> Source data:
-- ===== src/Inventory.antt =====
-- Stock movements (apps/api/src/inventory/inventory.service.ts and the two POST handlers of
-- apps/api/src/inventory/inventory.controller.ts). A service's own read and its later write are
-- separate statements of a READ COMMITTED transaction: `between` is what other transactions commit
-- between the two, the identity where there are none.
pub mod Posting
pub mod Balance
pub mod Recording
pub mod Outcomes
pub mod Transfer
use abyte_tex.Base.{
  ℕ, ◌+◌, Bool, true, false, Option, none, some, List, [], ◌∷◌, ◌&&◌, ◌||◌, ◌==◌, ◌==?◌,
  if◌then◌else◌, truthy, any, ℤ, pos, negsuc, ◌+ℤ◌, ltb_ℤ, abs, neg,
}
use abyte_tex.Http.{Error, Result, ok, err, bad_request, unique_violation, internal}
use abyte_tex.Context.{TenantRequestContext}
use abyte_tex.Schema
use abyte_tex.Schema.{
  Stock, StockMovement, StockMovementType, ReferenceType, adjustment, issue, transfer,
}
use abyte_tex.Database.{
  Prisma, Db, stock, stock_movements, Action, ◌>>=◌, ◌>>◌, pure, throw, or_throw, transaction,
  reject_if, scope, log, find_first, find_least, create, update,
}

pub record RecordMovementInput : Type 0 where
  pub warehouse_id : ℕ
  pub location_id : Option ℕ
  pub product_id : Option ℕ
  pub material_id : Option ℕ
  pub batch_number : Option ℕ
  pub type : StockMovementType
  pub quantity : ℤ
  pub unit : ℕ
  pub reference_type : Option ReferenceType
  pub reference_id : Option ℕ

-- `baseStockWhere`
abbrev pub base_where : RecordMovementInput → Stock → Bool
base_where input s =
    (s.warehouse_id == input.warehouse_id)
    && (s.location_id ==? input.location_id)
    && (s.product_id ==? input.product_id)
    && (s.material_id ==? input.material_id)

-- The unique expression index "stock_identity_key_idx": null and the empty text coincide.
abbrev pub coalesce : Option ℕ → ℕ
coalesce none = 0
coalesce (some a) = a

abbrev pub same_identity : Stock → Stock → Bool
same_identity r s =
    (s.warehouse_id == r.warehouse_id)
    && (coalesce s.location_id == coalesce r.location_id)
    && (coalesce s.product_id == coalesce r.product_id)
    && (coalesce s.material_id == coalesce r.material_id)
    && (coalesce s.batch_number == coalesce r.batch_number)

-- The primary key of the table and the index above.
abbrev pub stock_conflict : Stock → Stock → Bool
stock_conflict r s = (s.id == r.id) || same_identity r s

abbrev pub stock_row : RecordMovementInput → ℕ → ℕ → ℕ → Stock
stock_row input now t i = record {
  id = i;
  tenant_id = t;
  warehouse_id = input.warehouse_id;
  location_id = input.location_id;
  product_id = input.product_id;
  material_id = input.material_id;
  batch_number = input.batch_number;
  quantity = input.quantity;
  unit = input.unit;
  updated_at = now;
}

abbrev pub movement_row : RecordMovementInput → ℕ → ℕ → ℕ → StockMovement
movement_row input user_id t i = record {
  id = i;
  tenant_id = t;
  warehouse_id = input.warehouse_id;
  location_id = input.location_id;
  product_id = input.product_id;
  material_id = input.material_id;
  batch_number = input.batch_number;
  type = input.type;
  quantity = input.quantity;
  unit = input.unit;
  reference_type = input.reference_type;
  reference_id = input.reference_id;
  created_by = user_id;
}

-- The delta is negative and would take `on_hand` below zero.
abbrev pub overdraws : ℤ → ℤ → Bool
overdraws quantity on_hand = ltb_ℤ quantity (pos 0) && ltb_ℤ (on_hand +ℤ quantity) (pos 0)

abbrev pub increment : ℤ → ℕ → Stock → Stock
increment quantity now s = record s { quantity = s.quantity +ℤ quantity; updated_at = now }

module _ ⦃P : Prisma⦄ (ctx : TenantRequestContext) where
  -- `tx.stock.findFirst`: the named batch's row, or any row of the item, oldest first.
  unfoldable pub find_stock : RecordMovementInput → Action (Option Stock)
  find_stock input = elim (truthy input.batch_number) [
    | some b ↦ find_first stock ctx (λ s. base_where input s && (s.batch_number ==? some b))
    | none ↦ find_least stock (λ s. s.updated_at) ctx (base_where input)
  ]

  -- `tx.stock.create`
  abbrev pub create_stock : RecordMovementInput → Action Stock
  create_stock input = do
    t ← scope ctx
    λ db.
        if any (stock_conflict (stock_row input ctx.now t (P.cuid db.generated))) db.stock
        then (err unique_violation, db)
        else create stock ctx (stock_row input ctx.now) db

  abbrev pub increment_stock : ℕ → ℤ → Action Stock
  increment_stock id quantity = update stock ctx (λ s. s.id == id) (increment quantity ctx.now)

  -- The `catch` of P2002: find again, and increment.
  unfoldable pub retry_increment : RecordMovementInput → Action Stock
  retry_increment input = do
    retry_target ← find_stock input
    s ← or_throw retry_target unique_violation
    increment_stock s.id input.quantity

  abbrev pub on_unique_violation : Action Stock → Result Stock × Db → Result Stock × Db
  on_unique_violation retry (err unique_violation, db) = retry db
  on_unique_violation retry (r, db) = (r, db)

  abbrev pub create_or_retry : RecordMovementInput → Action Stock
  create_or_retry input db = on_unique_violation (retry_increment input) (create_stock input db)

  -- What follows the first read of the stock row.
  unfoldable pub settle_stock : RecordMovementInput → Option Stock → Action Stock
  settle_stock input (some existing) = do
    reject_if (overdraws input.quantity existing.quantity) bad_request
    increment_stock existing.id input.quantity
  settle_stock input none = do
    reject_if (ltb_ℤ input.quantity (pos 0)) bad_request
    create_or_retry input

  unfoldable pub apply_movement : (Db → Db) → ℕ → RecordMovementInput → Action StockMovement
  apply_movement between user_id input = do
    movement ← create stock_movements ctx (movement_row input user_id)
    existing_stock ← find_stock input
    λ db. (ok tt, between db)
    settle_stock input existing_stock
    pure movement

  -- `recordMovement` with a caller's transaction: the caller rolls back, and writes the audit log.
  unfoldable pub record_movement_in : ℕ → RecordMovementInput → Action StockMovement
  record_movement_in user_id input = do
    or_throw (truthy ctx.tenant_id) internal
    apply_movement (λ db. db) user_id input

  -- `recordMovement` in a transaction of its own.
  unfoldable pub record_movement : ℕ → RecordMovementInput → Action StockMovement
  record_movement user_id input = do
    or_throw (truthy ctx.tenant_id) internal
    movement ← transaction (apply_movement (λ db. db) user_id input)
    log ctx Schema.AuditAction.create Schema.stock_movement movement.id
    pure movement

> Problem requirements:
What is needed is a full, exact copy of the records.

> Completed exercise:
-- ===== src/Inventory.antt =====
-- Stock movements (apps/api/src/inventory/inventory.service.ts and the two POST handlers of
-- apps/api/src/inventory/inventory.controller.ts). A service's own read and its later write are
-- separate statements of a READ COMMITTED transaction: `between` is what other transactions commit
-- between the two, the identity where there are none.
pub mod Posting
pub mod Balance
pub mod Recording
pub mod Outcomes
pub mod Transfer
use abyte_tex.Base.{
  ℕ, ◌+◌, Bool, true, false, Option, none, some, List, [], ◌∷◌, ◌&&◌, ◌||◌, ◌==◌, ◌==?◌,
  if◌then◌else◌, truthy, any, ℤ, pos, negsuc, ◌+ℤ◌, ltb_ℤ, abs, neg,
}
use abyte_tex.Http.{Error, Result, ok, err, bad_request, unique_violation, internal}
use abyte_tex.Context.{TenantRequestContext}
use abyte_tex.Schema
use abyte_tex.Schema.{
  Stock, StockMovement, StockMovementType, ReferenceType, adjustment, issue, transfer,
}
use abyte_tex.Database.{
  Prisma, Db, stock, stock_movements, Action, ◌>>=◌, ◌>>◌, pure, throw, or_throw, transaction,
  reject_if, scope, log, find_first, find_least, create, update,
}

pub record RecordMovementInput : Type 0 where
  pub warehouse_id : ℕ
  pub location_id : Option ℕ
  pub product_id : Option ℕ
  pub material_id : Option ℕ
  pub batch_number : Option ℕ
  pub type : StockMovementType
  pub quantity : ℤ
  pub unit : ℕ
  pub reference_type : Option ReferenceType
  pub reference_id : Option ℕ

-- `baseStockWhere`
abbrev pub base_where : RecordMovementInput → Stock → Bool
base_where input s =
    (s.warehouse_id == input.warehouse_id)
    && (s.location_id ==? input.location_id)
    && (s.product_id ==? input.product_id)
    && (s.material_id ==? input.material_id)

-- The unique expression index "stock_identity_key_idx": null and the empty text coincide.
abbrev pub coalesce : Option ℕ → ℕ
coalesce none = 0
coalesce (some a) = a

abbrev pub same_identity : Stock → Stock → Bool
same_identity r s =
    (s.warehouse_id == r.warehouse_id)
    && (coalesce s.location_id == coalesce r.location_id)
    && (coalesce s.product_id == coalesce r.product_id)
    && (coalesce s.material_id == coalesce r.material_id)
    && (coalesce s.batch_number == coalesce r.batch_number)

-- The primary key of the table and the index above.
abbrev pub stock_conflict : Stock → Stock → Bool
stock_conflict r s = (s.id == r.id) || same_identity r s

abbrev pub stock_row : RecordMovementInput → ℕ → ℕ → ℕ → Stock
stock_row input now t i = record {
  id = i;
  tenant_id = t;
  warehouse_id = input.warehouse_id;
  location_id = input.location_id;
  product_id = input.product_id;
  material_id = input.material_id;
  batch_number = input.batch_number;
  quantity = input.quantity;
  unit = input.unit;
  updated_at = now;
}

abbrev pub movement_row : RecordMovementInput → ℕ → ℕ → ℕ → StockMovement
movement_row input user_id t i = record {
  id = i;
  tenant_id = t;
  warehouse_id = input.warehouse_id;
  location_id = input.location_id;
  product_id = input.product_id;
  material_id = input.material_id;
  batch_number = input.batch_number;
  type = input.type;
  quantity = input.quantity;
  unit = input.unit;
  reference_type = input.reference_type;
  reference_id = input.reference_id;
  created_by = user_id;
}

-- The delta is negative and would take `on_hand` below zero.
abbrev pub overdraws : ℤ → ℤ → Bool
overdraws quantity on_hand = ltb_ℤ quantity (pos 0) && ltb_ℤ (on_hand +ℤ quantity) (pos 0)

abbrev pub increment : ℤ → ℕ → Stock → Stock
increment quantity now s = record s { quantity = s.quantity +ℤ quantity; updated_at = now }

module _ ⦃P : Prisma⦄ (ctx : TenantRequestContext) where
  -- `tx.stock.findFirst`: the named batch's row, or any row of the item, oldest first.
  unfoldable pub find_stock : RecordMovementInput → Action (Option Stock)
  find_stock input = elim (truthy input.batch_number) [
    | some b ↦ find_first stock ctx (λ s. base_where input s && (s.batch_number ==? some b))
    | none ↦ find_least stock (λ s. s.updated_at) ctx (base_where input)
  ]

  -- `tx.stock.create`
  abbrev pub create_stock : RecordMovementInput → Action Stock
  create_stock input = do
    t ← scope ctx
    λ db.
        if any (stock_conflict (stock_row input ctx.now t (P.cuid db.generated))) db.stock
        then (err unique_violation, db)
        else create stock ctx (stock_row input ctx.now) db

  abbrev pub increment_stock : ℕ → ℤ → Action Stock
  increment_stock id quantity = update stock ctx (λ s. s.id == id) (increment quantity ctx.now)

  -- The `catch` of P2002: find again, and increment.
  unfoldable pub retry_increment : RecordMovementInput → Action Stock
  retry_increment input = do
    retry_target ← find_stock input
    s ← or_throw retry_target unique_violation
    increment_stock s.id input.quantity

  abbrev pub on_unique_violation : Action Stock → Result Stock × Db → Result Stock × Db
  on_unique_violation retry (err unique_violation, db) = retry db
  on_unique_violation retry (r, db) = (r, db)

  abbrev pub create_or_retry : RecordMovementInput → Action Stock
  create_or_retry input db = on_unique_violation (retry_increment input) (create_stock input db)

  -- What follows the first read of the stock row.
  unfoldable pub settle_stock : RecordMovementInput → Option Stock → Action Stock
  settle_stock input (some existing) = do
    reject_if (overdraws input.quantity existing.quantity) bad_request
    increment_stock existing.id input.quantity
  settle_stock input none = do
    reject_if (ltb_ℤ input.quantity (pos 0)) bad_request
    create_or_retry input

  unfoldable pub apply_movement : (Db → Db) → ℕ → RecordMovementInput → Action StockMovement
  apply_movement between user_id input = do
    movement ← create stock_movements ctx (movement_row input user_id)
    existing_stock ← find_stock input
    λ db. (ok tt, between db)
    settle_stock input existing_stock
    pure movement

  -- `recordMovement` with a caller's transaction: the caller rolls back, and writes the audit log.
  unfoldable pub record_movement_in : ℕ → RecordMovementInput → Action StockMovement
  record_movement_in user_id input = do
    or_throw (truthy ctx.tenant_id) internal
    apply_movement (λ db. db) user_id input

  -- `recordMovement` in a transaction of its own.
  unfoldable pub record_movement : ℕ → RecordMovementInput → Action StockMovement
  record_movement user_id input = do
    or_throw (truthy ctx.tenant_id) internal
    movement ← transaction (apply_movement (λ db. db) user_id input)
    log ctx Schema.AuditAction.create Schema.stock_movement movement.id
    pure movement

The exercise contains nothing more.